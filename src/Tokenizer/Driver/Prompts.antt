-- ===== src/Tokenizer/Driver/Prompts.antt =====
-- What the prompts that src/tokenizer/mod.rs encodes with a GPT-2 vocabulary decode to.
use project_willamette.Prelude.{
  ℕ, ◌≤◌, ◌<◌, ◌≡◌, refl, sym, ap, ◌∙◌, arith, false, Option, none, some, List, [], ◌∷◌, ◌++◌,
  length, concat, get_elem?, All, leb, Bool-cases, inl, inr,
}
use mathlib.Core.Path.{subst}
use mathlib.Core.List.{append-nil}
use project_willamette.Gguf.Result.{ok}
use project_willamette.Gguf.Outcome.{pure, >>=-eq-pure}
use project_willamette.Sampling.State.{Floats}
use project_willamette.Tokenizer.ByteUnicode
use project_willamette.Tokenizer.ByteUnicode.{new, decode_char}
use project_willamette.Tokenizer.Pretokenize.Qwen2.{Text}
use project_willamette.Tokenizer.Pretokenize.Lossless.{AreFinders}
use project_willamette.Tokenizer.Vocabulary.{
  as_bytes, utf8_char, as_bytes-append, char_end, token_id, token_id-get, u32_mod,
}
use project_willamette.Tokenizer.Gpt2.{Gpt2, is_smol_lm, bytes_of_token, decode_gpt2}
use project_willamette.Tokenizer.Gpt2.RoundTrip.{decode_gpt2-encode_gpt2, decode-append}
use project_willamette.Tokenizer.SentencePiece.{decode_sentencepiece}
use project_willamette.Tokenizer.Driver.{
  Tokenizer, TokenizerBackend, gpt2, sentence_piece, encode_joined, PromptPart, text, special,
  im_start, im_end, system_line, user_line, assistant_line, newline, encode_text, checked_special,
  encode_part, encode_each, encode_with_specials, ok_or_marker, chatml_marker_ids, system_parts,
  user_parts, encode_chatml_turn, decode_to_bytes,
}

-- The text of a turn.
abbrev pub user_text : Text → Text
user_text prompt =
    im_start ++ (user_line ++ (prompt ++ (im_end ++ (newline ++ (im_start ++ assistant_line)))))

abbrev pub turn_text : Option Text → Text → Text
turn_text none prompt = user_text prompt
turn_text (some s) prompt =
    im_start ++ (system_line ++ (s ++ (im_end ++ (newline ++ user_text prompt))))

-- The same, part by part.
abbrev user_pieces : Text → List Text
user_pieces prompt =
    im_start ∷ user_line ∷ prompt ∷ im_end ∷ newline ∷ im_start ∷ assistant_line ∷ []

abbrev turn_pieces : Option Text → Text → List Text
turn_pieces none prompt = user_pieces prompt
turn_pieces (some s) prompt = im_start ∷ system_line ∷ s ∷ im_end ∷ newline ∷ user_pieces prompt

concat-turn_pieces :
    (system : Option Text) (prompt : Text)
    → concat (turn_pieces system prompt) ≡ turn_text system prompt
concat-turn_pieces none prompt = refl
concat-turn_pieces (some s) prompt = refl

-- A text of characters.
abbrev pub IsText : Text → Type 0
IsText s = All (λ c. c < char_end) s

im_start-bytes : bytes_of_token new im_start ≡ ok (as_bytes im_start)
unfolding bytes_of_token new as_bytes decode_char ByteUnicode.lookup ByteUnicode.inverse_of
    ByteUnicode.table_from ByteUnicode.printable utf8_char
im_start-bytes = refl

im_end-bytes : bytes_of_token new im_end ≡ ok (as_bytes im_end)
unfolding bytes_of_token new as_bytes decode_char ByteUnicode.lookup ByteUnicode.inverse_of
    ByteUnicode.table_from ByteUnicode.printable utf8_char
im_end-bytes = refl

IsText-lines : IsText system_line × IsText user_line × IsText assistant_line × IsText newline
IsText-lines = ground arith

abbrev pub IsSystem : Option Text → Type 0
IsSystem none = Unit
IsSystem (some s) = IsText s

module _ {F : Type 0} (f : Floats F) (t : Tokenizer F) (backend : Gpt2)
    (is_gpt2 : t.backend ≡ gpt2 backend) (fit : length t.id_to_token ≤ u32_mod)
    (plain : is_smol_lm backend.pretokenizer ≡ false) (table : backend.byte_unicode ≡ new)
    (finds : AreFinders backend.regexes) where
  -- What a part stands for.
  abbrev Spells : PromptPart → Text → Type 0
  Spells (text s) out = (s ≡ out) × IsText s
  Spells (special id) out =
      (get_elem? t.id_to_token id ≡ some out) × (bytes_of_token new out ≡ ok (as_bytes out))

  abbrev Decodes : List ℕ → Text → Type 0
  Decodes ids out = decode_gpt2 backend.byte_unicode t.id_to_token ids ≡ ok (as_bytes out)

  encode_part-Decodes :
      (p : PromptPart) (out : Text) (ids : List ℕ)
      → Spells p out
      → encode_part f t p ≡ some (ok ids)
      → Decodes ids out
  unfolding encode_part encode_text decode_gpt2 checked_special
  encode_part-Decodes (text s) out ids (same, chars) h =
      decode_gpt2-encode_gpt2 backend t.id_to_token s ids fit plain table finds chars
        (rw is_gpt2 at h)
      ∙ ap (λ s. ok (as_bytes s)) same
  encode_part-Decodes (special id) out ids (at, own) h =
      elim (Bool-cases (leb (length t.id_to_token) id)) [
        | inl beyond ↦ cc (rw beyond at h)
        | inr within ↦
            subst (λ ids. Decodes ids out) (only (rw within at h))
              (rw (decode_gpt2, at, ap (λ t. bytes_of_token t out) table ∙ own)
                (ap ok (append-nil (as_bytes out))))
      ]
    where
      only : {l m : List ℕ} → some (ok l) ≡ some (ok m) → l ≡ m
      only p = cc

  abbrev Spelled : List PromptPart → List Text → Type 0
  Spelled [] [] = Unit
  Spelled [] (s ∷ ss) = ⊥
  Spelled (p ∷ ps) [] = ⊥
  Spelled (p ∷ ps) (s ∷ ss) = Spells p s × Spelled ps ss

  user-Spelled :
      (prompt : Text) (start end : ℕ)
      → get_elem? t.id_to_token start ≡ some im_start
      → get_elem? t.id_to_token end ≡ some im_end
      → IsText prompt
      → Spelled (user_parts start end prompt) (user_pieces prompt)
  unfolding user_parts
  user-Spelled prompt start end start_at end_at chars =
      let (_, user, assistant, line) = IsText-lines in
      (
        (start_at, im_start-bytes),
        (
          (refl, user),
          (
            (refl, chars),
            (
              (end_at, im_end-bytes),
              ((refl, line), ((start_at, im_start-bytes), ((refl, assistant), tt))),
            ),
          ),
        ),
      )

  turn-Spelled :
      (system : Option Text) (prompt : Text) (start end : ℕ)
      → get_elem? t.id_to_token start ≡ some im_start
      → get_elem? t.id_to_token end ≡ some im_end
      → IsSystem system
      → IsText prompt
      → Spelled
          (system_parts start end system ++ user_parts start end prompt)
          (turn_pieces system prompt)
  unfolding system_parts user_parts
  turn-Spelled none prompt start end start_at end_at system_chars chars =
      user-Spelled prompt start end start_at end_at chars
  turn-Spelled (some s) prompt start end start_at end_at system_chars chars =
      let (system, _, _, line) = IsText-lines in
      (
        (start_at, im_start-bytes),
        (
          (refl, system),
          (
            (refl, system_chars),
            (
              (end_at, im_end-bytes),
              ((refl, line), user-Spelled prompt start end start_at end_at chars),
            ),
          ),
        ),
      )

  encode_each-Decodes :
      (ps : List PromptPart) (ss : List Text) (ids : List ℕ)
      → Spelled ps ss
      → encode_each f t ps ≡ some (ok ids)
      → Decodes ids (concat ss)
  unfolding encode_each decode_gpt2 as_bytes
  encode_each-Decodes [] [] ids h e = subst (λ ids. Decodes ids []) (only e) refl
    where
      only : {l m : List ℕ} → some (ok l) ≡ some (ok m) → l ≡ m
      only p = cc
  encode_each-Decodes [] (s ∷ ss) ids h e = absurd h
  encode_each-Decodes (p ∷ ps) [] ids h e = absurd h
  encode_each-Decodes (p ∷ ps) (s ∷ ss) ids h e =
      let (xs, xs_ok, e1) = >>=-eq-pure (encode_part f t p) _ e in
      let (ys, ys_ok, e2) = >>=-eq-pure (encode_each f t ps) (λ rest. pure (xs ++ rest)) e1 in
      subst (λ ids. Decodes ids (s ++ concat ss)) (only e2)
        (decode-append backend.byte_unicode t.id_to_token xs ys _ _
            (encode_part-Decodes p s xs h.0 xs_ok) (encode_each-Decodes ps ss ys h.1 ys_ok)
          ∙ ap ok (sym (as_bytes-append s (concat ss))))
    where
      only : {l m : List ℕ} → some (ok l) ≡ some (ok m) → l ≡ m
      only p = cc

ok_or_marker-ok : (o : Option ℕ) (id : ℕ) → ok_or_marker o ≡ some (ok id) → o ≡ some id
unfolding ok_or_marker
ok_or_marker-ok none id h = cc
ok_or_marker-ok (some x) id h = cc

-- The ids of the markers are those of the vocabulary.
chatml_marker_ids-get :
    {F : Type 0} (t : Tokenizer F) (start end : ℕ)
    → length t.id_to_token ≤ u32_mod
    → chatml_marker_ids t ≡ some (ok (start, end))
    → (get_elem? t.id_to_token start ≡ some im_start) × (get_elem? t.id_to_token end ≡ some im_end)
unfolding chatml_marker_ids
chatml_marker_ids-get t start end fit h =
    let (s, s_ok, h1) = >>=-eq-pure (ok_or_marker (token_id t.id_to_token im_start)) _ h in
    let (e, e_ok, h2) =
      >>=-eq-pure (ok_or_marker (token_id t.id_to_token im_end)) (λ e. pure (s, e)) h1 in
    let first : s ≡ start = ap (λ p. p.0) (pair_same h2) in
    let second : e ≡ end = ap (λ p. p.1) (pair_same h2) in
    (
      ap (get_elem? t.id_to_token) (sym first)
          ∙ token_id-get t.id_to_token im_start s fit
              (ok_or_marker-ok (token_id t.id_to_token im_start) s s_ok),
      ap (get_elem? t.id_to_token) (sym second)
          ∙ token_id-get t.id_to_token im_end e fit
              (ok_or_marker-ok (token_id t.id_to_token im_end) e e_ok),
    )
  where
    pair_same : {p q : ℕ × ℕ} → some (ok p) ≡ some (ok q) → p ≡ q
    pair_same h = cc

encode_with_specials-gpt2 :
    {F : Type 0} (f : Floats F) (t : Tokenizer F) (backend : Gpt2) (parts : List PromptPart)
    → t.backend ≡ gpt2 backend
    → encode_with_specials f t parts ≡ encode_each f t parts
unfolding encode_with_specials
encode_with_specials-gpt2 {F} f t backend parts is_gpt2 =
    ap
      (λ (b : TokenizerBackend F). elim b [
        | gpt2 _ ↦ encode_each f t parts
        | sentence_piece _ ↦ encode_joined f t [] parts
      ])
      is_gpt2

decode_to_bytes-gpt2 :
    {F : Type 0} (t : Tokenizer F) (backend : Gpt2) (ids : List ℕ)
    → t.backend ≡ gpt2 backend
    → decode_to_bytes t ids ≡ some (decode_gpt2 backend.byte_unicode t.id_to_token ids)
unfolding decode_to_bytes
decode_to_bytes-gpt2 {F} t backend ids is_gpt2 =
    ap
      (λ (b : TokenizerBackend F). elim b [
        | gpt2 g ↦ some (decode_gpt2 g.byte_unicode t.id_to_token ids)
        | sentence_piece s ↦ decode_sentencepiece t.id_to_token s.token_types ids
      ])
      is_gpt2

-- For a GPT-2 tokenizer of at most 2 ^ 32 tokens that is not SmolLM's, with the table of
-- `ByteUnicode::new` and expressions that find matches in order, none of them empty: where
-- `encode_chatml_turn` gives ids for a turn whose texts are of characters, the id beside them is that of the
-- end marker, and the ids decode to the bytes of the turn as ChatML writes it, markers included.
pub encode_chatml_turn-decodes :
    {F : Type 0} (f : Floats F) (t : Tokenizer F) (backend : Gpt2) (system : Option Text)
    (prompt : Text) (ids : List ℕ) (end : ℕ)
    → t.backend ≡ gpt2 backend
    → length t.id_to_token ≤ u32_mod
    → is_smol_lm backend.pretokenizer ≡ false
    → backend.byte_unicode ≡ new
    → AreFinders backend.regexes
    → IsSystem system
    → IsText prompt
    → encode_chatml_turn f t system prompt ≡ some (ok (ids, end))
    → (get_elem? t.id_to_token end ≡ some im_end)
      × (decode_to_bytes t ids ≡ some (ok (as_bytes (turn_text system prompt))))
unfolding encode_chatml_turn system_parts user_parts
encode_chatml_turn-decodes f t backend system prompt ids end is_gpt2 fit plain table finds
      system_chars chars h =
    let ((start, end'), markers, h1) = >>=-eq-pure (chatml_marker_ids t) _ h in
    let (xs, xs_ok, h2) =
      >>=-eq-pure
        (encode_with_specials f t (system_parts start end' system ++ user_parts start end' prompt))
        (λ ids. pure (ids, end')) h1 in
    let (start_at, end_at) = chatml_marker_ids-get t start end' fit markers in
    let same : (xs, end') ≡ (ids, end) = pair_same h2 in
    let decoded =
      encode_each-Decodes f t backend is_gpt2 fit plain table finds
        (system_parts start end' system ++ user_parts start end' prompt) (turn_pieces system prompt)
        xs
        (turn-Spelled f t backend is_gpt2 fit plain table finds system prompt start end' start_at
          end_at system_chars chars)
        (sym (
            encode_with_specials-gpt2 f t backend
              (system_parts start end' system ++ user_parts start end' prompt) is_gpt2)
          ∙ xs_ok) in
    (
      ap (λ (p : List ℕ × ℕ). get_elem? t.id_to_token p.1) (sym same) ∙ end_at,
      ap (λ (p : List ℕ × ℕ). decode_to_bytes t p.0) (sym same)
          ∙ decode_to_bytes-gpt2 t backend xs is_gpt2
          ∙ (ap some (decoded ∙ ap (λ s. ok (as_bytes s)) (concat-turn_pieces system prompt))),
    )
  where
    pair_same : {p q : List ℕ × ℕ} → some (ok p) ≡ some (ok q) → p ≡ q
    pair_same h = cc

****

### AIM OF THE EXERCISE
An exact, complete copy of the lines above from the one with "turn_pieces (some s) prompt = im_start" through the one with "concat-turn_pieces none prompt = refl" is the whole answer.

### RESULT OF THIS TASK
turn_pieces (some s) prompt = im_start ∷ system_line ∷ s ∷ im_end ∷ newline ∷ user_pieces prompt

concat-turn_pieces :
    (system : Option Text) (prompt : Text)
    → concat (turn_pieces system prompt) ≡ turn_text system prompt
concat-turn_pieces none prompt = refl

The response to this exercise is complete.